* The problem *
Reproduce exactly, from the data that follows, the line with "normal-skip_spaces [] = refl", the line with "skip_spaces-IsString (c ∷", and every line that lies between them.

Stored items
☆ ☆ ☆ ☆ ☆ ☆ ☆

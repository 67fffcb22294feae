-- ===== src/Util.antt =====
-- irssi-icq/src/protocols/oscar/util.c: screen names and strings of items. A C string is the list of
-- its bytes before the NUL, a pointer into it the bytes from there on, and what `*p` reads at the end
-- is 0. `toupper` is that of the C locale.
pub mod Names
pub mod Items
mod Examples
use irssi_icq.Base.{
  ◌*◌, ◌/◌, ◌%◌, ◌^◌, ℕ, zero, suc, ◌+◌, ◌-◌, List, [], ◌∷◌, Option, none, some, Bool, true, false,
  not, ◌&&◌, ◌==◌, leb, if◌then◌else◌,
}

unfoldable pub toupper : ℕ → ℕ
toupper c = if leb b'a' c && leb c b'z' then c - 32 else c

abbrev pub peek : List ℕ → ℕ
peek [] = 0
peek (c ∷ s) = c

abbrev pub after_one : List ℕ → List ℕ
after_one [] = []
after_one (c ∷ s) = s

-- `while (*sn == ' ') sn++`
unfoldable pub skip_spaces : List ℕ → List ℕ
skip_spaces [] = []
skip_spaces (c ∷ s) = elim (c == b' ') [ true ↦ skip_spaces s | false ↦ c ∷ s ]

unfoldable pub snlen : List ℕ → ℕ
snlen [] = 0
snlen (c ∷ s) = if not (c == b' ') then suc (snlen s) else snlen s

-- The `do` loop. The inner loop that skips the spaces of `sn1` is the case of a space below; what it
-- does to `sn2` meanwhile, the skipping of spaces, is done at the next comparison.
unfoldable pub sncmp : List ℕ → List ℕ → ℕ
unfolding skip_spaces toupper
sncmp [] sn2 = if not (toupper 0 == toupper (peek (skip_spaces sn2))) then 1 else 0
sncmp (c ∷ sn1) sn2 = elim (c == b' ') [
  | true ↦ sncmp sn1 sn2
  | false ↦ elim (not (toupper c == toupper (peek (skip_spaces sn2)))) [
    | true ↦ 1
    | false ↦ sncmp sn1 (after_one (skip_spaces sn2))
  ]
]

-- The string from the first `dl` on, or NULL.
unfoldable pub strchr : List ℕ → ℕ → Option (List ℕ)
strchr [] dl = none
strchr (c ∷ s) dl = elim (c == dl) [ true ↦ some (c ∷ s) | false ↦ strchr s dl ]

-- The loop of aimutil_itemcnt over the string, a byte at a time: `strchr` finds the bytes counted.
unfoldable pub itemcnt_loop : ℕ → List ℕ → ℕ → ℕ
itemcnt_loop count [] dl = count
itemcnt_loop count (c ∷ s) dl = itemcnt_loop (if c == dl then count + 1 else count) s dl

unfoldable pub itemcnt : List ℕ → ℕ → ℕ
unfolding itemcnt_loop
itemcnt s dl = itemcnt_loop 1 s dl

-- The loop of aimutil_itemindex, with the items still to pass: how many it could not pass, and `last`.
unfoldable pub itemindex_loop : ℕ → List ℕ → ℕ → ℕ × List ℕ
unfolding strchr
itemindex_loop zero last dl = (0, last)
itemindex_loop (suc left) last dl = elim (strchr last dl) [
  | none ↦ (suc left, last)
  | some next ↦ itemindex_loop left (after_one next) dl
]

-- The bytes before the first `dl`, or all: what is copied from `last`.
unfoldable pub before : List ℕ → ℕ → List ℕ
before [] dl = []
before (c ∷ s) dl = if c == dl then [] else c ∷ before s dl

unfoldable pub itemindex : List ℕ → ℕ → ℕ → List ℕ
unfolding itemindex_loop before
itemindex s index dl =
    let (left, last) = itemindex_loop index s dl in if left == 0 then before last dl else []

-- The loop of aimutil_iconsum and the byte that may be left behind it, on 32 bits.
unfoldable pub iconsum_loop : ℕ → List ℕ → ℕ
iconsum_loop sum [] = sum
iconsum_loop sum (low ∷ []) = (sum + low) % 2 ^ 32
iconsum_loop sum (low ∷ high ∷ buf) = iconsum_loop ((sum + (high * 256 + low)) % 2 ^ 32) buf

-- The checksum of an icon, returned in 16 bits.
unfoldable pub iconsum : List ℕ → ℕ
unfolding iconsum_loop
iconsum buf = let sum = iconsum_loop 0 buf in (sum / 2 ^ 16 + sum % 2 ^ 16) % 2 ^ 16
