-- ===== src/Util/Names.antt =====
-- util.c: when two screen names are the same.
use irssi_icq.Base.{
  ℕ, [], ◌∷◌, ◌≡◌, refl, ◌≢◌, List, ◌↔◌, Bool-cases, All, inl, if◌then◌else◌, arith, true, ◌==◌,
  inr, false, length, ap₂, ==_iff, ap,
}
use irssi_icq.Util.{toupper, peek, after_one, skip_spaces, snlen, sncmp}

-- The bytes of a C string.
abbrev pub IsString : List ℕ → Type 0
IsString = All (λ c. c ≢ 0)

-- A screen name without its spaces, in upper case.
abbrev pub normal : List ℕ → List ℕ
normal [] = []
normal (c ∷ s) = if c == b' ' then normal s else toupper c ∷ normal s

normal-skip_spaces : (s : List ℕ) → normal (skip_spaces s) ≡ normal s
unfolding skip_spaces
normal-skip_spaces [] = refl
normal-skip_spaces (c ∷ s) = ground (arith, normal-skip_spaces s)

skip_spaces-IsString : (s : List ℕ) → IsString s → IsString (skip_spaces s)
unfolding skip_spaces
skip_spaces-IsString [] h = tt
skip_spaces-IsString (c ∷ s) h = elim (Bool-cases (c == b' ')) [
  | inl e ↦ rw (e, skip_spaces) (skip_spaces-IsString s h.1)
  | inr e ↦ rw (e, skip_spaces) h
]

-- At the end of the string, or at a byte of its normal form.
abbrev Stands : List ℕ → Type 0
Stands [] = Unit {0}
Stands (c ∷ s) = (c == b' ') ≡ false

skip_spaces-Stands : (s : List ℕ) → Stands (skip_spaces s)
unfolding skip_spaces
skip_spaces-Stands [] = tt
skip_spaces-Stands (c ∷ s) = elim (Bool-cases (c == b' ')) [
  | inl e ↦ rw (e, skip_spaces) (skip_spaces-Stands s)
  | inr e ↦ rw (e, skip_spaces) e
]

toupper-ne-zero : (c : ℕ) → c ≢ 0 → toupper c ≢ 0
unfolding toupper
toupper-ne-zero c h = ground arith

toupper_apart : (c : ℕ) → c ≢ 0 → (toupper c == toupper 0) ≡ false
unfolding toupper
toupper_apart c h = ground arith

-- The three outcomes of a round.
sncmp_space : (c : ℕ) (s1 s2 : List ℕ) → (c == b' ') ≡ true → sncmp (c ∷ s1) s2 ≡ sncmp s1 s2
sncmp_space c s1 s2 e = unfold sncmp in rw (e, sncmp) refl

sncmp_differ :
    (c : ℕ) (s1 s2 t : List ℕ)
    → (c == b' ') ≡ false
    → skip_spaces s2 ≡ t
    → (toupper c == toupper (peek t)) ≡ false
    → sncmp (c ∷ s1) s2 ≡ 1
sncmp_differ c s1 s2 t e k d = unfold sncmp in rw (e, k, d, sncmp) refl

sncmp_agree :
    (c : ℕ) (s1 s2 t : List ℕ)
    → (c == b' ') ≡ false
    → skip_spaces s2 ≡ t
    → (toupper c == toupper (peek t)) ≡ true
    → sncmp (c ∷ s1) s2 ≡ sncmp s1 (after_one t)
sncmp_agree c s1 s2 t e k d =
    unfold sncmp in rw (e, k, d, sncmp) (ap (λ u. sncmp s1 (after_one u)) k)

round_iff :
    (c : ℕ) (s1 s2 t : List ℕ)
    → (c == b' ') ≡ false
    → skip_spaces s2 ≡ t
    → ((r : List ℕ) → IsString r → (sncmp s1 r ≡ 0) ↔ (normal s1 ≡ normal r))
    → c ≢ 0
    → IsString t
    → Stands t
    → (sncmp (c ∷ s1) s2 ≡ 0) ↔ (toupper c ∷ normal s1 ≡ normal t)
round_iff c s1 s2 [] e k ih nz h st =
    rw (sncmp_differ c s1 s2 [] e k (toupper_apart c nz)) (λ x. cc, λ x. cc)
round_iff c s1 s2 (d ∷ r) e k ih nz h st = elim (Bool-cases (toupper c == toupper d)) [
  | inl same ↦
      rw (sncmp_agree c s1 s2 (d ∷ r) e k same, st)
        (
          λ x. ap₂ ◌∷◌ ((==_iff (toupper c) (toupper d)).0 same) ((ih r h.1).0 x),
          λ x. (ih r h.1).1 (cc),
        )
  | inr other ↦
      rw (sncmp_differ c s1 s2 (d ∷ r) e k other, st) (λ x. cc, λ x. absurd (differ other (cc)))
]
  where
    differ : (toupper c == toupper d) ≡ false → toupper c ≡ toupper d → ⊥
    differ o q = ground arith

sncmp_end_iff :
    (s2 t : List ℕ)
    → skip_spaces s2 ≡ t
    → IsString t
    → Stands t
    → (sncmp [] s2 ≡ 0) ↔ ([] ≡ normal t)
sncmp_end_iff s2 [] k h st = (λ x. refl, λ x. unfold sncmp in rw (k, sncmp) refl)
sncmp_end_iff s2 (d ∷ r) k h st = rw (ends, st) (λ x. cc, λ x. cc)
  where
    ends : sncmp [] s2 ≡ 1
    ends = unfold sncmp in rw (k, sncmp) (ground (arith, toupper-ne-zero d))

-- On C strings aim_sncmp returns 0 exactly when the two screen names have the same normal form: the
-- same bytes but for spaces, and for the case of letters.
pub sncmp_iff :
    (s1 s2 : List ℕ) → IsString s1 → IsString s2 → (sncmp s1 s2 ≡ 0) ↔ (normal s1 ≡ normal s2)
sncmp_iff [] s2 h k =
    rw (← normal-skip_spaces s2)
      (sncmp_end_iff s2 (skip_spaces s2) refl (skip_spaces-IsString s2 k) (skip_spaces-Stands s2))
sncmp_iff (c ∷ s1) s2 h k = elim (Bool-cases (c == b' ')) [
  | inl e ↦ rw (e) (rw (sncmp_space c s1 s2 e) (sncmp_iff s1 s2 h.1 k))
  | inr e ↦
      rw (e, ← normal-skip_spaces s2)
        (round_iff c s1 s2 (skip_spaces s2) e refl (λ r. sncmp_iff s1 r h.1) h.0
          (skip_spaces-IsString s2 k) (skip_spaces-Stands s2))
]

-- aim_snlen is the length of the normal form.
pub snlen_lem : (s : List ℕ) → snlen s ≡ length (normal s)
unfolding snlen
snlen_lem [] = refl
snlen_lem (c ∷ s) = ground (arith, snlen_lem s)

☆ ☆ ☆ ☆ ☆ ☆ ☆

* Exercise answer *
normal-skip_spaces [] = refl
normal-skip_spaces (c ∷ s) = ground (arith, normal-skip_spaces s)

skip_spaces-IsString : (s : List ℕ) → IsString s → IsString (skip_spaces s)
unfolding skip_spaces
skip_spaces-IsString [] h = tt
skip_spaces-IsString (c ∷ s) h = elim (Bool-cases (c == b' ')) [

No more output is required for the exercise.